/snmp_exporter

SNMP Exporter for Prometheus

Primary LanguageGoApache License 2.0Apache-2.0

Prometheus SNMP Exporter

This exporter is the recommended way to expose SNMP data in a format which Prometheus can ingest.

To simply get started, it's recommended to use the if_mib module with switches, access points, or routers.

Concepts

While SNMP uses a hierarchical data structure and Prometheus uses an n-dimnensional matrix, the two systems map perfectly, and without the need to walk through data by hand. snmp_exporter maps the data for you.

Prometheus

Prometheus is able to map SNMP index instances to labels. For example, the ifEntry specifies an INDEX of ifIndex. This becomes the ifIndex label in Prometheus.

If an SNMP entry has multiple index values, each value is mapped to a separate Prometheus label.

SNMP

SNMP is structured in OID trees, described by MIBs. OID subtrees have the same order across different locations in the tree. The order under 1.3.6.1.2.1.2.2.1.1 (ifIndex) is the same as in 1.3.6.1.2.1.2.2.1.2 (ifDescr), 1.3.6.1.2.1.31.1.1.1.10 (ifHCOutOctets), etc. The numbers are OIDs, the names in parentheses are the names from a MIB, in this case IF-MIB.

Mapping

Given a device with an interface at number 2, a partial snmpwalk return looks like:

1.3.6.1.2.1.2.2.1.1.2 = INTEGER: 2         # ifIndex for '2' is literally just '2'
1.3.6.1.2.1.2.2.1.2.2 = STRING: "eth0"     # ifDescr
1.3.6.1.2.1.31.1.1.1.1 = STRING: "eth0"    # IfName
1.3.6.1.2.1.31.1.1.1.10.2 = INTEGER: 1000  # ifHCOutOctets, 1000 bytes
1.3.6.1.2.1.31.1.1.1.18.2 = STRING: ""     # ifAlias

snmp_exporter combines all of this data into:

ifHCOutOctets{ifAlias="",ifDescr="eth0",ifIndex="2",ifName="eth0"} 1000

Scaling

A single instance of snmp_exporter can be run for thousands of devices.

Usage

Installation

Binaries can be downloaded from the Github releases page and need no special installation.

We also provide a sample systemd unit file.

Running

Start snmp_exporter as a daemon or from CLI:

./snmp_exporter

Visit http://localhost:9116/snmp?target=1.2.3.4 where 1.2.3.4 is the IP or FQDN of the SNMP device to get metrics from.
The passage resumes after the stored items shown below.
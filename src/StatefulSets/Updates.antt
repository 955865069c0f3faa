-- ===== src/StatefulSets/Updates.antt =====
-- controllers/sts.go: creation and update of the stateful set.
use ds_operator.Prelude.{
  ℕ, String, Bool, true, false, inl, inr, ◌⊎◌, ◌≡◌, refl, sym, ap, ◌∙◌, List, ok, err, Result, wrap,
  not_found, arith, Ends, Ends-try, ok-injective, pure, raise,
}
use ds_operator.Kube.Meta.{Key, OwnerReference, key_of}
use ds_operator.Kube.Workloads.{StatefulSet}
use ds_operator.Kube.Objects.{Kind}
use ds_operator.Kube.Client.{Client}
use ds_operator.Kube.Client.Laws.{IsLawful, OnlyAt}
use ds_operator.Kube.Client.Branches.{Branches, Branched, create_or_update-Branched}
use ds_operator.Api.Types.{DirectoryService}
use ds_operator.Settings.Ownership.{owned-Owners}
use ds_operator.StatefulSets.Template.{create_ds_stateful_set}
use ds_operator.StatefulSets.{
  update_ds_stateful_set, mutate_stateful_set, reconcile_sts, empty_stateful_set, reporting,
  with_owner, report,
}
use ds_operator.StatefulSets.Alignment.{
  Aligned, HasContainers, update_ds_stateful_set-Aligned, update-meta, reporting-meta,
}

module _ {W : Type 0} (api : Client W) (debug : Bool) (ds : DirectoryService)
    (svc_name : String) where
  abbrev pub sts_key : Key
  sts_key = key_of ds.meta

  -- There was none, and one made from the directory service has been stored, with some owners.
  pub record NewSet (w : W) (sts : StatefulSet) : Type 0 where
    pub was_absent : api.get Kind.stateful_set sts_key w ≡ err not_found
    pub owners : List OwnerReference
    pub time : ℕ
    pub uid : String
    pub content :
        let made = create_ds_stateful_set api debug ds svc_name w in
        sts ≡ record made {
          meta = record made.meta {
            owner_references = owners;
            creation_timestamp = time;
            uid = uid;
          };
        }

  -- There was one, and it has been brought in line.
  pub record OldSet (w : W) (sts : StatefulSet) : Type 0 where
    pub old : StatefulSet
    pub was_present : api.get Kind.stateful_set sts_key w ≡ ok old
    pub aligned : Aligned ds old sts

  -- The set is stored, nothing else has changed, and `ds'` is `ds` with the current replicas of a
  -- set that was there before.
  pub record Reconciled (w : W) (ds' : DirectoryService) (w' : W) : Type 0 where
    pub sts : StatefulSet
    pub stored : api.get Kind.stateful_set sts_key w' ≡ ok sts
    pub elsewhere : OnlyAt api Kind.stateful_set sts_key w w'
    pub how : (NewSet w sts × (ds' ≡ ds)) ⊎ (OldSet w sts × (ds' ≡ report true sts ds))

  module _ (law : IsLawful api) where
    abbrev blank : StatefulSet
    blank = empty_stateful_set ds

    abbrev made_in : W → StatefulSet
    made_in w = create_ds_stateful_set api debug ds svc_name w

    abbrev align : StatefulSet → Result (StatefulSet × Bool)
    align s = reporting true (update_ds_stateful_set ds s)

    align-works :
        (s : StatefulSet)
        → HasContainers s
        → (n : StatefulSet) × (align s ≡ ok (n, true)) × Aligned ds s n
    align-works s has =
        let (n, u, al) = update_ds_stateful_set-Aligned ds s has in (n, ap (reporting true) u, al)

    mutate-Branches :
        (w : W)
        → ((s : StatefulSet) → api.get Kind.stateful_set sts_key w ≡ ok s → HasContainers s)
        → Branches api Kind.stateful_set Bool blank
            (mutate_stateful_set api debug ds svc_name)
            (made_in w)
            false
            align
            w
    unfolding mutate_stateful_set create_ds_stateful_set
    mutate-Branches w has = record {
      blank = refl;
      starts = λ s e.
          let (os, o) = owned-Owners api law ds.kind ds.meta (made_in w).meta in
          (os, rw e (ap (λ r. reporting false (with_owner (made_in w) r)) o));
      aligns = λ s h. ground arith;
      named = refl;
      keeps = λ s n x h.
          ap key_of (reporting-meta s n x (update_ds_stateful_set ds s) h (update-meta ds s));
      works = λ s g. let (n, u, al) = align-works s (has s g) in (n, true, u);
    }

    Reconciled-Branched :
        (w w' : W) (r : StatefulSet × Bool)
        → ((s : StatefulSet) → api.get Kind.stateful_set sts_key w ≡ ok s → HasContainers s)
        → Branched api Kind.stateful_set Bool blank
            (mutate_stateful_set api debug ds svc_name)
            (made_in w)
            false
            align
            w
            r
            w'
        → Reconciled w (report r.1 r.0 ds) w'
    Reconciled-Branched w w' r has b = record {
      sts = r.0;
      stored = b.stored;
      elsewhere = b.elsewhere;
      how = elim b.how [
        | inl c ↦ inl (
          record {
            was_absent = c.was_absent;
            owners = c.owners;
            time = c.time;
            uid = c.uid;
            content = c.content;
          },
          ap (λ y. report y r.0 ds) c.result,
        )
        | inr u ↦
            let (n, run, al) = align-works u.old (has u.old u.was_present) in
            let same = ok-injective {A = StatefulSet × Bool} (sym u.aligned ∙ run) in
            inr (
              record {
                old = u.old;
                was_present = u.was_present;
                aligned = record {
                  first = al.first;
                  others = al.others;
                  first_init = al.first_init;
                  other_inits = al.other_inits;
                  containers_were = al.containers_were;
                  inits_were = al.inits_were;
                  content =
                      u.content
                      ∙ ap
                          (λ ((t, y) : StatefulSet × Bool). record t {
                            current_replicas = u.old.current_replicas;
                          })
                          same
                      ∙ ap
                          (λ (t : StatefulSet). record t {
                            current_replicas = u.old.current_replicas;
                          })
                          al.content;
                };
              },
              ap (λ ((t, y) : StatefulSet × Bool). report y r.0 ds) same,
            )
      ];
    }

    -- reconcileSTS, where a stateful set that is there has a container and an init container,
    -- does not panic. It fails and changes nothing, or a stateful set is stored and nothing else
    -- changed: a new one as made from the directory service, or the old one with replicas and
    -- images brought in line and its current replicas reported in the status.
    pub reconcile_sts-Reconciled :
        (w : W)
        → ((s : StatefulSet) → api.get Kind.stateful_set sts_key w ≡ ok s → HasContainers s)
        → Ends (reconcile_sts api debug ds svc_name) w (Reconciled w) (λ _ w'. w' ≡ w)
    unfolding reconcile_sts
    reconcile_sts-Reconciled w has =
        Ends-try
          (api.create_or_update Kind.stateful_set Bool blank
            (mutate_stateful_set api debug ds svc_name))
          (λ (sts, points). pure (report points sts ds))
          (λ e. raise (wrap "unable to CreateOrUpdate StatefulSet" e)) w
          (create_or_update-Branched api Kind.stateful_set Bool blank
            (mutate_stateful_set api debug ds svc_name) (made_in w) false align law w
            (mutate-Branches w has))
          (λ r w' b. Ends.returns (report r.1 r.0 ds) w' refl (Reconciled-Branched w w' r has b))
          (λ e w' same. Ends.fails (wrap "unable to CreateOrUpdate StatefulSet" e) w' refl same)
You can also specify a module parameter to choose which module to use from the config file. if_mib is the default module.

http://localhost:9116/snmp?module=if_mib&target=1.2.3.4

Configuration

The default configuration file name is snmp.yml and should not be edited by hand. If you need to change it, see Generating configuration.

The default snmp.yml covers a variety of common hardware walking them using SNMP v2 GETBULK.

Prometheus Configuration

target and module can be passed as a parameter through relabelling.

Example config:

scrape_configs:
  - job_name: 'snmp'
    static_configs:
      - targets:
        - 192.168.1.2  # SNMP device.
        - switch.local # SNMP device.
    metrics_path: /snmp
    params:
      module: [if_mib]
    relabel_configs:
      - source_labels: [__address__]
        target_label: __param_target
      - source_labels: [__param_target]
        target_label: instance
      - target_label: __address__
        replacement: 127.0.0.1:9116  # The SNMP exporter's real hostname:port.

Similarly to blackbox_exporter, snmp_exporter is meant to run on a few central machines and can be thought of like a "Prometheus proxy".

TLS and basic authentication

The SNMP Exporter supports TLS and basic authentication. This enables better control of the various HTTP endpoints.

To use TLS and/or basic authentication, you need to pass a configuration file using the --web.config.file parameter. The format of the file is described in the exporter-toolkit repository.

Note that the TLS and basic authentication settings affect all HTTP endpoints: /metrics for scraping, /snmp for scraping SNMP devices, and the web UI.

Generating configuration

Most use cases should be covered by our default configuration. If you need to generate your own configuration from MIBs, you can use the generator.

Use the generator if you need to customize which objects are walked or use non-public MIBs.

Large counter value handling

In order to provide accurate counters for large Counter64 values, the exporter will automatically wrap the value every 2^53 to avoid 64-bit float rounding. Prometheus handles this gracefully for you and you will not notice any negative effects.

If you need to disable this feature for non-Prometheus systems, use the command line flag --no-snmp.wrap-large-counters.